Based on what Bell said, Barberstown's controlling owners were in a strange position. They stood to net more money by not winning the Burke than by finishing first.

Barberstown, a sore-legged horse who won three straight races and then finished third, behind Caveat and Slew o' Gold, in the fourth start of his life in the 1983 Belmont Stakes, was sold two months later by the Bells--Ray and his sons John and Tom--for $850,000 at a Del Mar dispersal auction.

The buyers were announced as Texans Joe McDermott and John Adger, but eventually they were joined in the ownership by John Connally, the former governor of Texas; Ken Schnitzer, another Texan, and Fred Schneider, a partner in the New Orleans Saints.
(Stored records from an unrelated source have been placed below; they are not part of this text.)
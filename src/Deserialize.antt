-- ===== src/Deserialize.antt =====
-- pandora-module-utils/src/deserialize.rs: the values that are merged from several configuration
-- files, and pandora-module-utils-macros/src/derive_deserialize_map.rs: the visitor that is derived
-- for a struct.
mod Tests
pub mod Merged
use pandora_web_server.Base.{
  ◌≡◌, refl, Bool, true, false, ◌||◌, Option, none, some, Bytes, List, [], ◌∷◌, ◌++◌, any, bytes_eq,
  sort, if◌then◌else◌, Eq,
}
use pandora_web_server.Modules.{Result, ok, err}

-- A value of a configuration, as a deserializer presents it to a visitor: a list, a text, a map, or
-- something else. `other` is an error for the visitors here.
mutual
  pub data Value : Type 0 where
    seq : Values → Value
    text : Bytes → Value
    object : Fields → Value
    other : Value

  pub data Values : Type 0 where
    nil : Values
    cons : Value → Values → Values

  pub data Fields : Type 0 where
    end : Fields
    field : Bytes → Value → Fields → Fields

-- `custom` makes the error of a value of a wrong type.
module _ {E T : Type 0} (wrong_type : E) (deserialize : Value → Result E T) where
  abbrev push_result : List T → Result E T → Result E (List T)
  push_result list (err e) = err e
  push_result list (ok entry) = ok (list ++ entry ∷ [])

  -- `visit_seq`: the loop over the elements.
  unfoldable pub push_elements : List T → Values → Result E (List T)
  push_elements list nil = ok list
  push_elements list (cons value values) = elim (deserialize value) [
    | err e ↦ err e
    | ok entry ↦ push_elements (list ++ entry ∷ []) values
  ]

  -- `OneOrMany::deserialize` on a list that has elements already.
  unfoldable pub one_or_many : List T → Value → Result E (List T)
  unfolding push_elements
  one_or_many seed (seq values) = push_elements seed values
  one_or_many seed (text t) = push_result seed (deserialize (text t))
  one_or_many seed (object fields) = push_result seed (deserialize (object fields))
  one_or_many seed other = err wrong_type

-- `deserialize_merge` of a type without special support: the new value.
unfoldable pub merge_plain : {E T : Type 0} → (Value → Result E T) → T → Value → Result E T
merge_plain deserialize initial value = deserialize value

-- `unwrap_or_default`.
abbrev or_default : {T : Type 0} → T → Option T → T
or_default default none = default
or_default default (some t) = t

-- `deserialize_merge` of `Option<T>`, where `seed` is the `DeserializeSeed` of the type.
unfoldable pub merge_option :
    {E T : Type 0} → T → (T → Value → Result E T) → Option T → Value → Result E (Option T)
merge_option default seed initial value = elim (seed (or_default default initial) value) [
  | err e ↦ err e
  | ok t ↦ ok (some t)
]

-- Maps are lists of entries with different keys.
module _ {ℓ} {T : Type ℓ} where
  -- `HashMap::remove`: the value of the key, and the other entries.
  unfoldable pub remove : Bytes → List (Bytes × T) → Option T × List (Bytes × T)
  remove key [] = (none, [])
  remove key ((k, t) ∷ entries) =
      let (found, rest) = remove key entries in
      if bytes_eq k key then (some t, entries) else (found, (k, t) ∷ rest)

module _ {E T : Type 0} (wrong_type : E) (default : T) (seed : T → Value → Result E T) where
  -- The loop of `visit_map` of a map whose values take a seed: a key that is there has its value
  -- merged. The keys are texts.
  unfoldable pub merge_entries : List (Bytes × T) → Fields → Result E (List (Bytes × T))
  unfolding remove
  merge_entries inner end = ok inner
  merge_entries inner (field key value fields) =
      let (found, rest) = remove key inner in
      elim (seed (or_default default found) value) [
        | err e ↦ err e
        | ok t ↦ merge_entries ((key, t) ∷ rest) fields
      ]

  -- `deserialize_merge` of such a map.
  unfoldable pub merge_map : List (Bytes × T) → Value → Result E (List (Bytes × T))
  unfolding merge_entries
  merge_map initial (object fields) = merge_entries initial fields
  merge_map initial (seq values) = err wrong_type
  merge_map initial (text t) = err wrong_type
  merge_map initial other = err wrong_type

-- A field of a struct `S` as the macro sees it: the names that it has in a configuration, and how a
-- value changes it.
pub record Field (S E : Type 0) : Type 0 where
  pub names : List Bytes
  pub deserialize : S → Value → Result E S

-- A flattened field, with the visitor of its own type.
pub record Flattened (S E : Type 0) : Type 0 where
  pub accepts_field : Bytes → Bool
  pub visit_field : S → Bytes → Value → Result E S

-- `MapVisitor` of a struct.
pub record MapVisitor (S E : Type 0) : Type 0 where
  pub accepts_field : Bytes → Bool
  pub visit_field : S → Bytes → Value → Result E S

abbrev pub contains : List Bytes → Bytes → Bool
contains names name = any (λ n. bytes_eq n name) names

module _ {S E : Type 0} (unknown_field : Bytes → E) where
  -- The flattened fields, for a name that no other field has.
  unfoldable pub visit_flattened : List (Flattened S E) → S → Bytes → Value → Result E S
  visit_flattened [] struct name value = err (unknown_field name)
  visit_flattened (f ∷ flattened) struct name value =
      let later = visit_flattened flattened struct name value in
      if f.accepts_field name then f.visit_field struct name value else later

  -- The `match` of `visit_field`.
  unfoldable pub visit_regular :
      List (Field S E) → List (Flattened S E) → S → Bytes → Value → Result E S
  unfolding visit_flattened
  visit_regular [] flattened struct name value = visit_flattened flattened struct name value
  visit_regular (f ∷ fields) flattened struct name value =
      let later = visit_regular fields flattened struct name value in
      if contains f.names name then f.deserialize struct value else later

  -- `__FIELDS.contains(&field)`.
  abbrev is_regular : List (Field S E) → Bytes → Bool
  is_regular fields name = any (λ f. contains f.names name) fields

  -- The derived visitor.
  unfoldable pub derived : List (Field S E) → List (Flattened S E) → MapVisitor S E
  unfolding visit_regular
  derived fields flattened = record {
    accepts_field = λ name. is_regular fields name || any (λ f. f.accepts_field name) flattened;
    visit_field = visit_regular fields flattened;
  }

module _ {S E : Type 0} (wrong_type : E) (visitor : MapVisitor S E) where
  -- The loop of the derived `visit_map`.
  unfoldable pub visit_map : S → Fields → Result E S
  visit_map struct end = ok struct
  visit_map struct (field name value fields) = elim (visitor.visit_field struct name value) [
    | err e ↦ err e
    | ok changed ↦ visit_map changed fields
  ]

  -- The derived `DeserializeSeed`.
  unfoldable pub deserialize_seed : S → Value → Result E S
  unfolding visit_map
  deserialize_seed struct (object fields) = visit_map struct fields
  deserialize_seed struct (seq values) = err wrong_type
  deserialize_seed struct (text t) = err wrong_type
  deserialize_seed struct other = err wrong_type

  -- `try_fold` over the files: `read` opens a file and parses its value.
  unfoldable pub merge_files : {F : Type 0} → (F → Result E Value) → S → List F → Result E S
  unfolding deserialize_seed
  merge_files read conf [] = ok conf
  merge_files read conf (file ∷ files) = elim (read file) [
    | err e ↦ err e
    | ok value ↦ elim (deserialize_seed conf value) [
      | err e ↦ err e
      | ok merged ↦ merge_files read merged files
    ]
  ]

-- The paths of a glob pattern: `none` if the pattern is invalid, and in it where a path cannot be
-- resolved. These are left out.
abbrev resolved : List (Option Bytes) → List Bytes
resolved [] = []
resolved (none ∷ paths) = resolved paths
resolved (some path ∷ paths) = path ∷ resolved paths

unfoldable pub all_files : (Bytes → Option (List (Option Bytes))) → List Bytes → List Bytes
all_files glob [] = []
all_files glob (pattern ∷ patterns) = elim (glob pattern) [
  | none ↦ all_files glob patterns
  | some paths ↦ resolved paths ++ all_files glob patterns
]

-- `load_from_files` for a struct with the derived visitor and the default value `default`: the
-- files are merged in the order of their paths, `path_le`.
unfoldable pub load_from_files :
    {S E : Type 0}
    → E
    → MapVisitor S E
    → S
    → (Bytes → Bytes → Bool)
    → (Bytes → Option (List (Option Bytes)))
    → (Bytes → Result E Value)
    → List Bytes
    → Result E S
unfolding merge_files all_files
load_from_files wrong_type visitor default path_le glob read patterns =
    merge_files wrong_type visitor read default (sort path_le (all_files glob patterns))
Ray Bell said that Bell Bloodstock still owns 20% of Barberstown.

In the Burke, then, the Texans collected $7,500 for fourth place, minus the 20% for the Bells. Winning would have brought a $78,500 purse, but if the Bells had gotten their $600,000, the Texans would have wound up with a loss of $521,500 for the day.

"When the Texas guys found out, at the last minute, that the Burke had been made a Grade I, they didn't even want the horse running," Ray Bell said. "When we heard that they might scratch him, we insisted that they let him run.

"But then they acted like they might not pay us the $600,000 if he won."

Bell watched the Burke from the company box near the finish line. Some of the Texans, including Adger, were in the Santa Anita Turf Club. "They're easy to find up there," Bell said. "They're the guys with the six-shooters."

Contacted at his Houston office this week, Adger seemed surprised that Bell had gone public with the Barberstown arrangement.

"If Ray Bell wants to be crazy enough to talk about his business, that's fine," Adger said. "But I have no comment about our deal with the Bells. I'll talk about the horse, but not the deal."

Apparently caught in the middle of this is John Gosden, who was named trainer of Barberstown by the Texas group when the horse returned to training this year. Tom Bell's son, whose name also is Ray, trained Barberstown before Gosden.

Under Gosden, Barberstown won an allowance race at Del Mar and the Del Mar Invitational Handicap--a Grade II--before his start in the Burke. Other than the Burke, Barberstown's only Grade I race since the Bells sold him was the Century Handicap at Hollywood Park in 1984, when he finished 11th.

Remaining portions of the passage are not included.